■ **Brief**: Scan the entries below for the word "Concurrent". Copy out every line in which it occurs.

◇ ◇ ◇

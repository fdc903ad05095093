-- ===== src/Api/Concurrent/Alone/Writes.antt =====
-- The three steps of a request of app/main.py that writes a row, in a row.
use dataveda_nifty_agent.Api.Concurrent.{Call, Progress, over, writes, carry_plan, proceed}
use dataveda_nifty_agent.Storage.Tenants.{same_key, others, save}
use dataveda_nifty_agent.Prelude.{ℕ, ◌≡◌, refl, some, any, Bool-cases, inl, inr}
use dataveda_nifty_agent.Runtime.{Runtime}
use dataveda_nifty_agent.Storage.Models.{Tenant, Db}
use dataveda_nifty_agent.Storage.Action.{Result, ok, raised, pure, continue}
use dataveda_nifty_agent.Storage.Columns.{update_columns, commit, refresh}
use dataveda_nifty_agent.Storage.Tenants.Save.{row_of, row_of-set_row}
use dataveda_nifty_agent.Api.Auth.{Settings}
use dataveda_nifty_agent.Api.Server.{Response}

-- Two answers made one of the other.
pub twice :
    {A B C : Type 0} (f : A → B) (g : B → C) (x : Result A × Db)
    → continue x (λ a. pure (g (f a))) ≡ continue (continue x (λ a. pure (f a))) (λ b. pure (g b))
twice f g (ok a, db) = refl
twice f g (raised e, db) = refl

-- How a request ends.
abbrev pub ended : Result Response × Db → Progress × Db
ended (r, db) = (over r, db)

module _ (rt : Runtime) (settings : Settings) (call : Call) (now : ℕ) where
  abbrev pub go_on : Progress × Db → Progress × Db
  go_on (progress, db) = proceed rt settings call now progress db

  -- An UPDATE and the refresh, for a row that is as it was read, against `save`.
  pub write_alone :
      {A : Type 0} (t : Tenant) (change : Tenant → Tenant) (value : ℕ → Tenant → A)
      (response : A → Response) (db : Db)
      → row_of t.id db.tenants ≡ some t
      → (change t).id ≡ t.id
      → update_columns t (change t) t ≡ change t
      → go_on (carry_plan t (writes (change t) (λ later s. response (value later s))) db)
        ≡ ended (
            continue
              (continue (save t.id change db) (λ s. pure (value now s)))
              (λ a. pure (response a)))
  unfolding commit save proceed refresh
  write_alone t change value response db found same settles =
      elim (Bool-cases (any (same_key (change t)) (others t.id db.tenants))) [
        | inl clash ↦ rw (found, settles, clash) refl
        | inr free ↦
            rw (found, settles, free, row_of-set_row t.id (change t) db.tenants t found same) refl
      ]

◇ ◇ ◇

■ **Your response**:
-- ===== src/Api/Concurrent/Alone/Writes.antt =====
use dataveda_nifty_agent.Api.Concurrent.{Call, Progress, over, writes, carry_plan, proceed}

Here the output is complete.